I was wondering if anyone in the Montreal area would want to meet up for a drink. It would be really nice to meet someone else with SA, and possibly make a friend!


----------



## Eraserhead (Sep 23, 2006)

I'd be interested.


----------



## The Professor (Jul 31, 2011)

hm I never knew how close montreal was to me


----------



## Cam1 (Dec 4, 2011)

The Professor said:


> hm I never knew how close montreal was to me


^same, just googled it... wow.


----------



## StevenCutler83 (May 1, 2011)

I would also be interested.


----------



## Adorn (Sep 28, 2012)

I'd be interested too.


----------



## Eraserhead (Sep 23, 2006)

Anyone still up for it?


----------



## Banco (Jan 10, 2011)

i live nearby montreal (laval) dunno if i have the balls just yet.


----------



## Daylight (Jun 20, 2009)

Ahhh I'll have to come back to this thread later in 2013. I'm strongly considering visiting Montreal in the summer and would love to possibly meet up with fellow SA'ers.

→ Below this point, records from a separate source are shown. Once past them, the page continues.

-- ===== src/Builder/Build/Tests.antt =====
-- Builds at concrete inputs: two cores, two user tasks on Core 0, one of them with priority 0, and a
-- background task.
use sputter_os.Prelude.{
  ℕ, ◌/◌, ◌≡◌, ◌≢◌, refl, Bool, true, false, [], ◌∷◌, Option, none, some, arith, replicate, map,
}
use sputter_os.Logging.Errors.{soft_abort}
use sputter_os.Kernel.State.{unconfigured}
use sputter_os.Builder.Sort.{effective_priority, period_band, sort_tasks, sort_loop, sift}
use sputter_os.Builder.Checks.{
  Pinned, CoreInfo, BuildError, duplicate_task, dependencies_failed, is_active_core, has_low_period,
  is_below, has_duplicate, occurs, check_late, check_crunches, check_crunch, dependencies_hold,
  any_active, all_tasks, validate, utilization, warn,
}
use sputter_os.Builder.Topology.{
  add_task, prepend_task, on_core, core_has, sort_core, sort_cores, add_background_task,
}
use sputter_os.Builder.Build.{
  Setup, Static, fresh_timer, place_tasks, create_kernel, give_monitored, give_clock, give_window,
  configure, conclude, check_and_configure, build,
}
use sputter_os.Builder.Build.Order.{StartsWith, control_task_first}
use sputter_os.Builder.Build.Retry.{failed_build_sticks}
use sputter_os.Builder.Build.Wired.{IsReady, build-IsReady}

abbrev pinned : ℕ → ℕ → ℕ → Bool → Pinned
pinned id priority period depends = record {
  info = record { id = id; is_scheduled = true; schedule_priority = priority; period_us = period };
  declared_wcet_us = 10;
  has_dependencies = depends;
}

abbrev control : Pinned
control = pinned 1 0 0 true

abbrev setup : Setup ℕ
setup = record {
  has_app = true;
  core_count = 2;
  min_period_us = 10;
  max_background = 4;
  metrics_window_us = 5000;
  clock_source = some 77;
  control = control;
  comms = pinned 2 1 0 true;
  diagnostics = 3;
  watchdog_kick = some 90;
}

abbrev bare_core : CoreInfo
bare_core = record { tasks = []; is_crunch = false; crunch_task = none }

-- What the user registered; `depends` tells whether the second task has its dependencies.
abbrev registered : Bool → Static ℕ ℕ
registered depends = record {
  cores = on_core 0 (add_task (pinned 11 255 5000 depends)) (
      on_core 0 (add_task (pinned 10 0 200 true))
        (replicate 2 (record { tasks = []; is_crunch = false; crunch_task = none })));
  background = add_background_task 4 20 [];
  background_core_id = 0;
  monitored = [];
  watched = [];
  has_drain = true;
  drain_wired = false;
  kick_fn = none;
  timers = λ a. fresh_timer;
  system_clock = none;
  metrics_window_us = 0;
  is_built = false;
  machine = record {
    state = unconfigured;
    errors = record {
      buf = replicate 33 (record { code = soft_abort; timestamp = 0; value = 0 });
      head = 0;
      tail = 0;
    };
  };
}

abbrev same : ℕ → ℕ
same n = n

abbrev divide : ℕ → ℕ → ℕ
divide a b = a / b

abbrev try_build : Static ℕ ℕ → Option (Option BuildError × Static ℕ ℕ)
try_build b = build same divide control setup b

-- The state that a build leaves; where it writes out of range, the state before.
after : Static ℕ ℕ → Static ℕ ℕ
after b = elim (try_build b) [ none ↦ b | some (r, b') ↦ b' ]

build_order :
    map (λ c. map (λ t. t.info.id) c.tasks) (after (registered true)).cores
    ≡ (1 ∷ 10 ∷ 11 ∷ []) ∷ (2 ∷ []) ∷ []
unfolding after build create_kernel place_tasks on_core core_has prepend_task add_task
    check_and_configure conclude configure sort_cores sort_core sort_tasks sort_loop sift
    effective_priority period_band validate any_active is_active_core all_tasks has_low_period
    is_below has_duplicate occurs check_late check_crunches check_crunch dependencies_hold
    utilization warn give_monitored give_clock give_window add_background_task
build_order = refl

build_passes : try_build (registered true) ≡ some (none, after (registered true))
unfolding after build create_kernel place_tasks on_core core_has prepend_task add_task
    check_and_configure conclude sort_cores sort_core sort_tasks sort_loop sift effective_priority
    period_band validate any_active is_active_core all_tasks has_low_period is_below has_duplicate
    occurs check_late check_crunches check_crunch dependencies_hold utilization warn
    add_background_task
build_passes = refl

-- Without the dependencies of the second task the build fails, and it fails again.
retried : Static ℕ ℕ
retried = after (after (registered false))

first_fails :
    try_build (registered false) ≡ some (some dependencies_failed, after (registered false))
unfolding after build create_kernel place_tasks on_core core_has prepend_task add_task
    check_and_configure conclude sort_cores sort_core sort_tasks sort_loop sift effective_priority
    period_band validate any_active is_active_core all_tasks has_low_period is_below has_duplicate
    occurs check_late check_crunches check_crunch dependencies_hold utilization warn
    add_background_task
first_fails = refl

second_fails : try_build (after (registered false)) ≡ some (some duplicate_task, retried)
unfolding retried after build create_kernel place_tasks on_core core_has prepend_task add_task
    check_and_configure conclude sort_cores sort_core sort_tasks sort_loop sift effective_priority
    period_band validate any_active is_active_core all_tasks has_low_period is_below has_duplicate
    occurs check_late check_crunches check_crunch dependencies_hold utilization warn
    add_background_task
second_fails = refl

control_task_first_example : StartsWith control (after (registered true)).cores
control_task_first_example =
    control_task_first same divide control setup (registered true) (after (registered true)) none
      (add_task (pinned 11 255 5000 true) (add_task (pinned 10 0 200 true) bare_core))
      (bare_core ∷ []) refl (unfold effective_priority in refl) (unfold effective_priority in refl)
      (unfold on_core in refl) (unfold add_task in omega arith) refl build_passes

failed_build_sticks_example : some duplicate_task ≢ none
failed_build_sticks_example =
    failed_build_sticks same divide control setup (registered false) (after (registered false))
      retried dependencies_failed (some duplicate_task)
      (add_task (pinned 11 255 5000 false) (add_task (pinned 10 0 200 true) bare_core))
      (bare_core ∷ []) refl (unfold effective_priority in refl) (unfold effective_priority in refl)
      (unfold on_core in refl) (unfold add_task in omega arith) first_fails second_fails

build-IsReady_example : IsReady setup 77 (after (registered true))
build-IsReady_example =
    build-IsReady same divide control setup (registered true) (after (registered true)) 77 refl
      (omega arith) refl refl refl build_passes
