-- ===== src/Builder/Tests.antt =====
-- The builder's theorems at concrete inputs.
use sputter_os.Prelude.{
  map, ℕ, ◌≡◌, ◌/◌, refl, true, false, List, [], ◌∷◌, none, some, All, replicate,
}
use sputter_os.Logging.Errors.{ErrorLogger, soft_abort}
use sputter_os.Builder.Sort.{TaskInfo, effective_priority, period_band, sort_tasks, sort_loop, sift}
use sputter_os.Builder.Sort.Stable.{Ascending, of_priority, sort_tasks_stable}
use sputter_os.Builder.Checks.{
  is_active_core, has_low_period, is_below, has_duplicate, occurs, check_late, check_crunches,
  check_crunch, check_rules, dependencies_hold, CoreInfo, any_active, all_tasks, validate,
}
use sputter_os.Builder.Checks.Sound.{
  HasPeriod, IsDistinct, AllFitCrunch, with_other, validate_sound,
}

abbrev sampler : TaskInfo
sampler = record { id = 1; is_scheduled = true; schedule_priority = 255; period_us = 5000 }

abbrev reporter : TaskInfo
reporter = record { id = 2; is_scheduled = true; schedule_priority = 255; period_us = 250000 }

abbrev control : TaskInfo
control = record { id = 3; is_scheduled = true; schedule_priority = 0; period_us = 0 }

abbrev registered : List TaskInfo
registered = reporter ∷ sampler ∷ control ∷ []

sort_run : sort_tasks effective_priority sampler registered ≡ control ∷ sampler ∷ reporter ∷ []
unfolding sort_tasks sort_loop sift effective_priority period_band
sort_run = refl

sort_tasks_stable_example :
    Ascending effective_priority (sort_tasks effective_priority sampler registered)
    × ((p : ℕ)
        → of_priority effective_priority p (sort_tasks effective_priority sampler registered)
          ≡ of_priority effective_priority p registered)
sort_tasks_stable_example = sort_tasks_stable effective_priority sampler registered

abbrev topology : List CoreInfo
topology =
    record {
      tasks =
          record { info = control; declared_wcet_us = 40; has_dependencies = true }
          ∷ record { info = sampler; declared_wcet_us = 200; has_dependencies = true }
          ∷ [];
      is_crunch = false;
      crunch_task = none;
    }
    ∷ record {
      tasks = [];
      is_crunch = true;
      crunch_task = some (record { crunch_id = 9; crunch_period_us = 100 });
    }
    ∷ []

abbrev empty_log : ErrorLogger ℕ
empty_log = record {
  buf = replicate 33 (record { code = soft_abort; timestamp = 0; value = 0 });
  head = 0;
  tail = 0;
}

abbrev same : ℕ → ℕ
same n = n

abbrev divide : ℕ → ℕ → ℕ
divide a b = a / b

topology_passes : (validate same divide 50 2 topology empty_log).0 ≡ none
unfolding validate any_active is_active_core all_tasks has_low_period is_below has_duplicate occurs
    check_late check_crunches check_crunch check_rules dependencies_hold
topology_passes = refl

validate_sound_example :
    (any_active topology ≡ true)
    × All (HasPeriod 50) (all_tasks topology)
    × IsDistinct (all_tasks topology)
    × AllFitCrunch 50 0 topology
    × All (λ t. t.has_dependencies ≡ true) (all_tasks topology)
    × ((f : ℕ → ℕ) → (validate same divide 50 2 (map (with_other f) topology) empty_log).0 ≡ none)
validate_sound_example = validate_sound same divide 50 2 topology empty_log topology_passes
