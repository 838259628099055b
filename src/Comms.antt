-- ===== src/Comms.antt =====
-- include/sputteros/comms/CLI.h and kernel/tasks/ScheduledCommsTask.h: from received bytes to queued
-- commands and replies.
pub mod State
pub mod Input
pub mod Task
mod Tests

I better start learning some french phrases.


----------



## Eraserhead (Sep 23, 2006)

Bump! Let's actually do it. Who's with me?


----------



## IHMLILML (Nov 22, 2012)

http://www.meetup.com/Social-Anxiety-Sufferers-Meetup-Group/


----------



## Yukie (Feb 11, 2013)

I'd love to but i'm too scared. and shy


----------



## montreal1992 (Mar 12, 2013)

i would be down .. a little worried but might be a good idea


----------



## Fine Finn (Feb 19, 2013)

pourquoi est-ce que vous parlez en francais ?


----------



## Solidify (Jul 29, 2013)

I'm in Montreal. Let me know.


----------